Today, Earth’s seven major and eight minor plates, which are on average 125 kilometers (about 80 miles) thick, move at a steady rate of several centimeters per year. Each plate is in motion, either pulling away from or growing closer to its neighbors, and volcanic activity and earthquakes typically cluster at these margins.

Some in the scientific community contend plate tectonics began 4.4 billion years ago while others suggest they only started in the last 1 billion. Whether modern plate tectonics arose directly from the hellish magma ocean that once covered early Earth or whether intermediate stages, such as plates that moved intermittently or one single, unbroken lid, were at play is also unclear, the study authors noted.

The latest research reveals the plates were shifting as early as 3.5 billion years ago — during the Archean Eon — when the planet was already home to early microbial life.
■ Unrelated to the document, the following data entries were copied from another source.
-- ===== src/Storage/Ensure.antt =====
-- cmd/ensure-scraper-db/main.go: the target databases, and their migrations, each in a transaction
-- of its own. The environment and what the server answers are parameters.
pub mod Targets
pub mod Steps
use scraper.Base.{
  ℕ, ◌+◌, ◌-◌, Bool, true, false, not, ◌&&◌, ◌||◌, List, [], ◌∷◌, ◌++◌, map, Option, none, some, ok,
  err, Result, ltb, leb, ◌==◌, if◌then◌else◌, length,
}
use scraper.Base.Int.{ℤ, pos, negsuc, atoi}
use scraper.Base.State.{Action, pure, ◌>>=◌}
use scraper.Text.{Text, codes, text_eq, is_empty, trim_space}
use scraper.Backfill.Request.{or_default}
use scraper.Storage.Names.{itoa, has_prefix, with_year}
use scraper.Storage.Migrations.{is_applied}

-- `strings.Split(raw, ",")`: the part before the first comma, and those after.
unfoldable pub split_commas : Text → Text → List Text
split_commas part [] = part ∷ []
split_commas part (c ∷ s) =
    let here = split_commas (part ++ (c ∷ [])) s in
    let next = split_commas [] s in if c == b',' then part ∷ next else here

-- The trimmed parts that are not empty.
unfoldable pub trimmed_parts : List Text → List Text
unfolding is_empty
trimmed_parts [] = []
trimmed_parts (part ∷ parts) =
    let rest = trimmed_parts parts in
    if is_empty (trim_space part) then rest else trim_space part ∷ rest

unfoldable pub split_csv : Text → List Text
unfolding split_commas trimmed_parts
split_csv raw = trimmed_parts (split_commas [] raw)

pub data TargetError : Type 0 where
  bad_year bad_exchange bad_database : Text → TargetError
  no_years no_targets : TargetError

-- A year of the list, from 1970 to 9999.
abbrev pub year_in_range : Option ℤ → Option ℕ
year_in_range none = none
year_in_range (some (negsuc n)) = none
year_in_range (some (pos n)) = if ltb n 1970 || ltb 9999 n then none else some n

abbrev pub with_year_part :
    Text → Option ℕ → Result TargetError (List ℕ) → Result TargetError (List ℕ)
with_year_part part none rest = err (bad_year part)
with_year_part part (some n) (err e) = err e
with_year_part part (some n) (ok ns) = ok (n ∷ ns)

-- The loop of `targetYears`; the parts are read from the left, so that the first error is the result.
unfoldable pub parsed_years : List Text → Result TargetError (List ℕ)
parsed_years [] = ok []
parsed_years (part ∷ parts) =
    let rest = parsed_years parts in with_year_part part (year_in_range (atoi part)) rest

abbrev pub some_years : Result TargetError (List ℕ) → Result TargetError (List ℕ)
some_years (err e) = err e
some_years (ok []) = err no_years
some_years (ok (n ∷ ns)) = ok (n ∷ ns)

unfoldable pub target_years : Text → Result TargetError (List ℕ)
unfolding parsed_years split_csv
target_years raw = some_years (parsed_years (split_csv raw))

-- `validateExchangeYearDatabase` after the prefix of an exchange.
abbrev pub valid_year_part : Text → Option ℤ → Bool
valid_year_part s none = false
valid_year_part s (some (negsuc n)) = false
valid_year_part s (some (pos n)) = length s == 4 && not (ltb n 1970)

unfoldable pub drop_bytes : ℕ → Text → Text
drop_bytes n [] = []
drop_bytes n (c ∷ s) = let rest = drop_bytes (n - 1) s in if n == 0 then c ∷ s else rest

unfoldable pub is_exchange_year : Text → Bool
unfolding has_prefix drop_bytes text_eq
is_exchange_year dbname =
    if text_eq dbname (codes "binance") || text_eq dbname (codes "okx")
    then false
    else if has_prefix (codes "binance_") dbname
    then valid_year_part (drop_bytes 8 dbname) (atoi (drop_bytes 8 dbname))
    else if has_prefix (codes "okx_") dbname
    then valid_year_part (drop_bytes 4 dbname) (atoi (drop_bytes 4 dbname))
    else false

-- The databases of `SCRAPER_DBS`.
unfoldable pub named_targets : List Text → Result TargetError (List Text)
unfolding is_exchange_year
named_targets [] = ok []
named_targets (dbname ∷ dbnames) =
    let rest = named_targets dbnames in
    if is_exchange_year dbname
    then elim rest [ err e ↦ err e | ok names ↦ ok (dbname ∷ names) ]
    else err (bad_database dbname)

abbrev pub is_supported : Text → Bool
is_supported exchange = text_eq exchange (codes "binance") || text_eq exchange (codes "okx")

-- The loop over the exchanges.
unfoldable pub product_targets : List ℕ → List Text → Result TargetError (List Text)
unfolding text_eq
product_targets years [] = ok []
product_targets years (exchange ∷ exchanges) =
    let rest = product_targets years exchanges in
    if not (is_supported exchange)
    then err (bad_exchange exchange)
    else elim rest [ err e ↦ err e | ok names ↦ ok (map (with_year exchange) years ++ names) ]

abbrev pub some_targets : Result TargetError (List Text) → Result TargetError (List Text)
some_targets (err e) = err e
some_targets (ok []) = err no_targets
some_targets (ok (name ∷ names)) = ok (name ∷ names)

abbrev pub with_years : List Text → Result TargetError (List ℕ) → Result TargetError (List Text)
with_years exchanges (err e) = err e
with_years exchanges (ok years) = some_targets (product_targets years exchanges)

-- The variables, empty if they are not set.
pub record Environment : Type 0 where
  pub scraper_dbs : Text
  pub scraper_exchanges : Text
  pub scraper_years : Text

-- `targetDatabases`
unfoldable pub target_databases : Environment → ℕ → Result TargetError (List Text)
unfolding named_targets product_targets target_years split_csv is_empty or_default
target_databases env current_year =
    if not (is_empty (trim_space env.scraper_dbs))
    then named_targets (split_csv (trim_space env.scraper_dbs))
    else with_years (split_csv (or_default env.scraper_exchanges (codes "binance,okx")))
        (target_years (or_default env.scraper_years (itoa current_year)))

-- The table of migrations of a database, and the files whose text was executed and committed,
-- newest first.
pub record Migrating : Type 0 where
  pub migrations : List Text
  pub executed : List Text
  pub calls : ℕ

pub data StepCall : Type 0 where
  connects locks ensures : StepCall
  begins checks executes records commits : Text → StepCall

abbrev pub G : Type 0 → Type 0
G A = Action Migrating Text A

module _ (answers : ℕ → StepCall → Option Text) where
  abbrev pub answered : Option Text → G (Unit {0})
  answered none s = (record s { calls = s.calls + 1 }, ok tt)
  answered (some e) s = (record s { calls = s.calls + 1 }, err e)

  abbrev pub step : StepCall → G (Unit {0})
  step c s = answered (answers s.calls c) s

  -- What a transaction did shows with its commit; an error before it rolls back.
  abbrev pub committed : Text → G (Unit {0})
  committed name s =
      (record s { migrations = name ∷ s.migrations; executed = name ∷ s.executed }, ok tt)

  abbrev pub unless_known : Text → Bool → G (Unit {0})
  unless_known name true = pure tt
  unless_known name false = do
    _ ← step (executes name)
    _ ← step (records name)
    _ ← step (commits name)
    committed name

  abbrev pub apply_migration : Text → G (Unit {0})
  apply_migration name = do
    _ ← step (begins name)
    _ ← step (checks name)
    λ s. unless_known name (is_applied name s.migrations) s

  unfoldable pub apply_each : List Text → G (Unit {0})
  unfolding is_applied
  apply_each [] = pure tt
  apply_each (name ∷ names) = do _ ← apply_migration name; apply_each names

  -- `applyMigrationsToDB`
  unfoldable pub apply_migrations_to_db : List Text → G (Unit {0})
  unfolding apply_each
  apply_migrations_to_db names = do
    _ ← step connects
    _ ← step locks
    _ ← step ensures
    apply_each names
In pushing back the timeline for active tectonic plates, the analysis could offer clues about Earth’s early history and the conditions that supported early life, according to the study.

Rocks capture Earth’s early history

Fu and his colleagues analyzed rock samples from East Pilbara Craton, a geological formation rich with fossil evidence of early organisms such as stromatolites, in Western Australia’s Pilbara region.

“If you don’t get too close, it actually looks like really friendly, beautiful scenery because it’s got these low rolling hills, but once you start walking around, you realize it’s, it’s full of very spiky grasses with sharp tips,” he said.

For their study, Fu and his colleagues harnessed a phenomenon called paleomagnetism. Magnetic minerals within rock record the inclination of Earth’s magnetic field lines at the moment they form, allowing scientists to infer the rocks’ original orientation and latitude.

“Our job was to basically measure these grains and see what the magnetic alignment of these rocks was,” Fu said. “You can take the angle between the observed magnetic field direction and the horizontal, and you can say are you near the poles or are you near the equator,” he explained.

By analyzing 900 rock samples collected from Pilbara that represented a 30 million-year time frame, the team found that part of the formation shifted in latitude from 53 degrees to 77 degrees — a drift of tens of centimeters annually over several million years — and rotated clockwise by more than 90 degrees.

The researchers also assessed existing paleomagnetic data from the Barberton Greenstone Belt in South Africa, which was nearly stationery at a lower latitude during roughly the same period, according to the study.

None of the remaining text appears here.